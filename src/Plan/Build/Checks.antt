-- ===== src/Plan/Build/Checks.antt =====
-- The other loops of RunPlan.__post_init__ and the order of its checks, inverted: what a plan that
-- passes has passed.
use mathlib.Core.Logic.Or
use mathlib.Core.List.{mem-cons, not-mem-nil}
use graphori.Common.{
  String, List, [], ◌∷◌, Mem, Bool, true, not, ◌&&◌, ◌||◌, contains, subset, all_distinct, ◌≡◌,
  arith, length, ltb, if◌then◌else◌, ◌==◌, Bool-set,
}
use graphori.Common.Result.{Result, ok, err, ◌>>=◌, ◌>>◌, guard, >>=-eq-ok, guard-eq-ok}
use graphori.Plan.Node.{NodeSpec, PlanEdge, RunPlan}
use graphori.Plan.Resolve.{idents, resolve, ResolveError}
use graphori.Plan.Build.{
  producers, check_required, check_sprouts, check_sprout, check_edges, check_graph, no_cycle,
  duplicate_node, unknown_proofs, unknown_edge, unknown_critical_path, fan_in_proved, commit_proved,
  open_fan_in, unproved_commit, irreversible_commit,
}

pub required :
    (seen : List String) (nodes : List NodeSpec)
    → check_required seen nodes ≡ ok tt
    → (n : NodeSpec) → Mem n nodes
    → subset n.requires_proofs seen ≡ true
unfolding check_required
required seen [] e n m = absurd (not-mem-nil m)
required seen (x ∷ xs) e n m =
    let (here, rest) =
      guard-eq-ok (subset x.requires_proofs seen) (unknown_proofs x.node_id)
        (check_required seen xs) e in
    Or.elim (Bool-set _ _) (mem-cons.0 m) (λ same. rw same here)
      (λ there. required seen xs rest n there)

pub edges_known :
    (known : List String) (edges : List PlanEdge)
    → check_edges known edges ≡ ok tt
    → (e : PlanEdge) → Mem e edges
    → (contains known e.source && contains known e.target) ≡ true
unfolding check_edges
edges_known known [] h e m = absurd (not-mem-nil m)
edges_known known (x ∷ xs) h e m =
    let (here, rest) =
      guard-eq-ok (contains known x.source && contains known x.target)
        (unknown_edge x.source x.target) (check_edges known xs) h in
    Or.elim (Bool-set _ _) (mem-cons.0 m) (λ same. rw same here)
      (λ there. edges_known known xs rest e there)

-- The three tests that the Sprout policy makes of a node.
abbrev pub sprout_holds : List NodeSpec → NodeSpec → Bool
sprout_holds nodes n =
    (not (ltb 1 (length n.dependencies)) || fan_in_proved nodes n)
    && (not n.external_effect || commit_proved nodes n)
    && (not n.external_effect || n.reversibility == "reversible")

check_sprout-holds :
    (nodes : List NodeSpec) (n : NodeSpec)
    → check_sprout nodes n ≡ ok tt
    → sprout_holds nodes n ≡ true
unfolding check_sprout
check_sprout-holds nodes n e =
    let third =
      guard (not n.external_effect || n.reversibility == "reversible")
        (irreversible_commit n.node_id)
      >> ok tt in
    let second =
      guard (not n.external_effect || commit_proved nodes n) (unproved_commit n.node_id) >> third in
    let (a, e₁) =
      guard-eq-ok (not (ltb 1 (length n.dependencies)) || fan_in_proved nodes n)
        (open_fan_in n.node_id) second e in
    let (b, e₂) =
      guard-eq-ok (not n.external_effect || commit_proved nodes n) (unproved_commit n.node_id) third
        e₁ in
    let (c, e₃) =
      guard-eq-ok (not n.external_effect || n.reversibility == "reversible")
        (irreversible_commit n.node_id) (ok tt) e₂ in
    rw (a, b, c)

pub sprouts_hold :
    (all_nodes nodes : List NodeSpec)
    → check_sprouts all_nodes nodes ≡ ok tt
    → (n : NodeSpec) → Mem n nodes
    → sprout_holds all_nodes n ≡ true
unfolding check_sprouts
sprouts_hold all_nodes [] e n m = absurd (not-mem-nil m)
sprouts_hold all_nodes (x ∷ xs) e n m =
    let (u, here, rest) =
      >>=-eq-ok (check_sprout all_nodes x) (λ _. check_sprouts all_nodes xs) e in
    Or.elim (Bool-set _ _) (mem-cons.0 m) (λ same. rw same (check_sprout-holds all_nodes x here))
      (λ there. sprouts_hold all_nodes xs rest n there)

-- Everything that check_graph computed on the way to accepting a plan.
pub record Passed (p : RunPlan) : Type 0 where
  pub distinct : all_distinct (idents p.nodes) ≡ true
  pub proofs : List String
  pub produced : producers (idents p.nodes) [] p.nodes ≡ ok proofs
  pub required_ok : check_required proofs p.nodes ≡ ok tt
  pub sprout_ok : (if p.proof_policy == "" then ok tt else check_sprouts p.nodes p.nodes) ≡ ok tt
  pub order : List String
  pub resolved : resolve p.nodes ≡ ok order
  pub edges_ok : check_edges (idents p.nodes) p.edges ≡ ok tt
  pub critical_ok : subset p.critical_path (idents p.nodes) ≡ true

no_cycle-ok :
    (r : Result ResolveError (List String)) (order : List String)
    → no_cycle r ≡ ok order
    → r ≡ ok order
no_cycle-ok (ok l) order h = ground arith
no_cycle-ok (err x) order h = cc h

pub check_graph-Passed : (p q : RunPlan) → check_graph p ≡ ok q → (p ≡ q) × Passed p
unfolding check_graph
check_graph-Passed p q e =
    let known = idents p.nodes in
    let sprout = if p.proof_policy == "" then ok tt else check_sprouts p.nodes p.nodes in
    let k₅ = guard (subset p.critical_path known) unknown_critical_path >> ok p in
    let k₄ = check_edges known p.edges >> k₅ in
    let k₃ = λ (order : List String). k₄ in
    let k₂ = sprout >> (no_cycle (resolve p.nodes) >>= k₃) in
    let k₁ = λ (seen : List String). check_required seen p.nodes >> k₂ in
    let (distinct, e₁) =
      guard-eq-ok (all_distinct known) duplicate_node (producers known [] p.nodes >>= k₁) e in
    let (proofs, produced, e₂) = >>=-eq-ok (producers known [] p.nodes) k₁ e₁ in
    let (u, required_ok, e₃) = >>=-eq-ok (check_required proofs p.nodes) (λ _. k₂) e₂ in
    let (v, sprout_ok, e₄) = >>=-eq-ok sprout (λ _. no_cycle (resolve p.nodes) >>= k₃) e₃ in
    let (order, resolved, e₅) = >>=-eq-ok (no_cycle (resolve p.nodes)) k₃ e₄ in
    let (w, edges_ok, e₆) = >>=-eq-ok (check_edges known p.edges) (λ _. k₅) e₅ in
    let (critical_ok, e₇) =
      guard-eq-ok (subset p.critical_path known) unknown_critical_path (ok p) e₆ in
    (
      cc e₇,
      record {
        distinct = distinct;
        proofs = proofs;
        produced = produced;
        required_ok = required_ok;
        sprout_ok = sprout_ok;
        order = order;
        resolved = no_cycle-ok (resolve p.nodes) order resolved;
        edges_ok = edges_ok;
        critical_ok = critical_ok;
      },
    )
--------
Above are some records; repeat all of them exactly.

#### Response
filename src/Plan/Build/Checks.antt
-- ===== src/Plan/Build/Checks.antt =====
-- The other loops of RunPlan.__post_init__ and the order of its checks, inverted: what a plan that
-- passes has passed.
use mathlib.Core.Logic.Or
use mathlib.Core.List.{mem-cons, not-mem-nil}
use graphori.Common.{
  String, List, [], ◌∷◌, Mem, Bool, true, not, ◌&&◌, ◌||◌, contains, subset, all_distinct, ◌≡◌,
  arith, length, ltb, if◌then◌else◌, ◌==◌, Bool-set,
}
use graphori.Common.Result.{Result, ok, err, ◌>>=◌, ◌>>◌, guard, >>=-eq-ok, guard-eq-ok}
use graphori.Plan.Node.{NodeSpec, PlanEdge, RunPlan}
use graphori.Plan.Resolve.{idents, resolve, ResolveError}
use graphori.Plan.Build.{
  producers, check_required, check_sprouts, check_sprout, check_edges, check_graph, no_cycle,
  duplicate_node, unknown_proofs, unknown_edge, unknown_critical_path, fan_in_proved, commit_proved,
  open_fan_in, unproved_commit, irreversible_commit,
}

pub required :
    (seen : List String) (nodes : List NodeSpec)
    → check_required seen nodes ≡ ok tt
    → (n : NodeSpec) → Mem n nodes
    → subset n.requires_proofs seen ≡ true
unfolding check_required
required seen [] e n m = absurd (not-mem-nil m)
required seen (x ∷ xs) e n m =
    let (here, rest) =
      guard-eq-ok (subset x.requires_proofs seen) (unknown_proofs x.node_id)
        (check_required seen xs) e in
    Or.elim (Bool-set _ _) (mem-cons.0 m) (λ same. rw same here)
      (λ there. required seen xs rest n there)

pub edges_known :
    (known : List String) (edges : List PlanEdge)
    → check_edges known edges ≡ ok tt
    → (e : PlanEdge) → Mem e edges
    → (contains known e.source && contains known e.target) ≡ true
unfolding check_edges
edges_known known [] h e m = absurd (not-mem-nil m)
edges_known known (x ∷ xs) h e m =
    let (here, rest) =
      guard-eq-ok (contains known x.source && contains known x.target)
        (unknown_edge x.source x.target) (check_edges known xs) h in
    Or.elim (Bool-set _ _) (mem-cons.0 m) (λ same. rw same here)
      (λ there. edges_known known xs rest e there)

-- The three tests that the Sprout policy makes of a node.
abbrev pub sprout_holds : List NodeSpec → NodeSpec → Bool
sprout_holds nodes n =
    (not (ltb 1 (length n.dependencies)) || fan_in_proved nodes n)
    && (not n.external_effect || commit_proved nodes n)
    && (not n.external_effect || n.reversibility == "reversible")

check_sprout-holds :
    (nodes : List NodeSpec) (n : NodeSpec)
    → check_sprout nodes n ≡ ok tt
    → sprout_holds nodes n ≡ true
unfolding check_sprout
check_sprout-holds nodes n e =
    let third =
      guard (not n.external_effect || n.reversibility == "reversible")
        (irreversible_commit n.node_id)
      >> ok tt in
    let second =
      guard (not n.external_effect || commit_proved nodes n) (unproved_commit n.node_id) >> third in
    let (a, e₁) =
      guard-eq-ok (not (ltb 1 (length n.dependencies)) || fan_in_proved nodes n)
        (open_fan_in n.node_id) second e in
    let (b, e₂) =
      guard-eq-ok (not n.external_effect || commit_proved nodes n) (unproved_commit n.node_id) third
        e₁ in
    let (c, e₃) =
      guard-eq-ok (not n.external_effect || n.reversibility == "reversible")
        (irreversible_commit n.node_id) (ok tt) e₂ in
    rw (a, b, c)

pub sprouts_hold :
    (all_nodes nodes : List NodeSpec)
    → check_sprouts all_nodes nodes ≡ ok tt
    → (n : NodeSpec) → Mem n nodes
    → sprout_holds all_nodes n ≡ true
unfolding check_sprouts
sprouts_hold all_nodes [] e n m = absurd (not-mem-nil m)
sprouts_hold all_nodes (x ∷ xs) e n m =
    let (u, here, rest) =
      >>=-eq-ok (check_sprout all_nodes x) (λ _. check_sprouts all_nodes xs) e in
    Or.elim (Bool-set _ _) (mem-cons.0 m) (λ same. rw same (check_sprout-holds all_nodes x here))
      (λ there. sprouts_hold all_nodes xs rest n there)

-- Everything that check_graph computed on the way to accepting a plan.
pub record Passed (p : RunPlan) : Type 0 where
  pub distinct : all_distinct (idents p.nodes) ≡ true
  pub proofs : List String
  pub produced : producers (idents p.nodes) [] p.nodes ≡ ok proofs
  pub required_ok : check_required proofs p.nodes ≡ ok tt
  pub sprout_ok : (if p.proof_policy == "" then ok tt else check_sprouts p.nodes p.nodes) ≡ ok tt
  pub order : List String
  pub resolved : resolve p.nodes ≡ ok order
  pub edges_ok : check_edges (idents p.nodes) p.edges ≡ ok tt
  pub critical_ok : subset p.critical_path (idents p.nodes) ≡ true

no_cycle-ok :
    (r : Result ResolveError (List String)) (order : List String)
    → no_cycle r ≡ ok order
    → r ≡ ok order
no_cycle-ok (ok l) order h = ground arith
no_cycle-ok (err x) order h = cc h

pub check_graph-Passed : (p q : RunPlan) → check_graph p ≡ ok q → (p ≡ q) × Passed p
unfolding check_graph
check_graph-Passed p q e =
    let known = idents p.nodes in
    let sprout = if p.proof_policy == "" then ok tt else check_sprouts p.nodes p.nodes in
    let k₅ = guard (subset p.critical_path known) unknown_critical_path >> ok p in
    let k₄ = check_edges known p.edges >> k₅ in
    let k₃ = λ (order : List String). k₄ in
    let k₂ = sprout >> (no_cycle (resolve p.nodes) >>= k₃) in
    let k₁ = λ (seen : List String). check_required seen p.nodes >> k₂ in
    let (distinct, e₁) =
      guard-eq-ok (all_distinct known) duplicate_node (producers known [] p.nodes >>= k₁) e in
    let (proofs, produced, e₂) = >>=-eq-ok (producers known [] p.nodes) k₁ e₁ in
    let (u, required_ok, e₃) = >>=-eq-ok (check_required proofs p.nodes) (λ _. k₂) e₂ in
    let (v, sprout_ok, e₄) = >>=-eq-ok sprout (λ _. no_cycle (resolve p.nodes) >>= k₃) e₃ in
    let (order, resolved, e₅) = >>=-eq-ok (no_cycle (resolve p.nodes)) k₃ e₄ in
    let (w, edges_ok, e₆) = >>=-eq-ok (check_edges known p.edges) (λ _. k₅) e₅ in
    let (critical_ok, e₇) =
      guard-eq-ok (subset p.critical_path known) unknown_critical_path (ok p) e₆ in
    (
      cc e₇,
      record {
        distinct = distinct;
        proofs = proofs;
        produced = produced;
        required_ok = required_ok;
        sprout_ok = sprout_ok;
        order = order;
        resolved = no_cycle-ok (resolve p.nodes) order resolved;
        edges_ok = edges_ok;
        critical_ok = critical_ok;
      },
    )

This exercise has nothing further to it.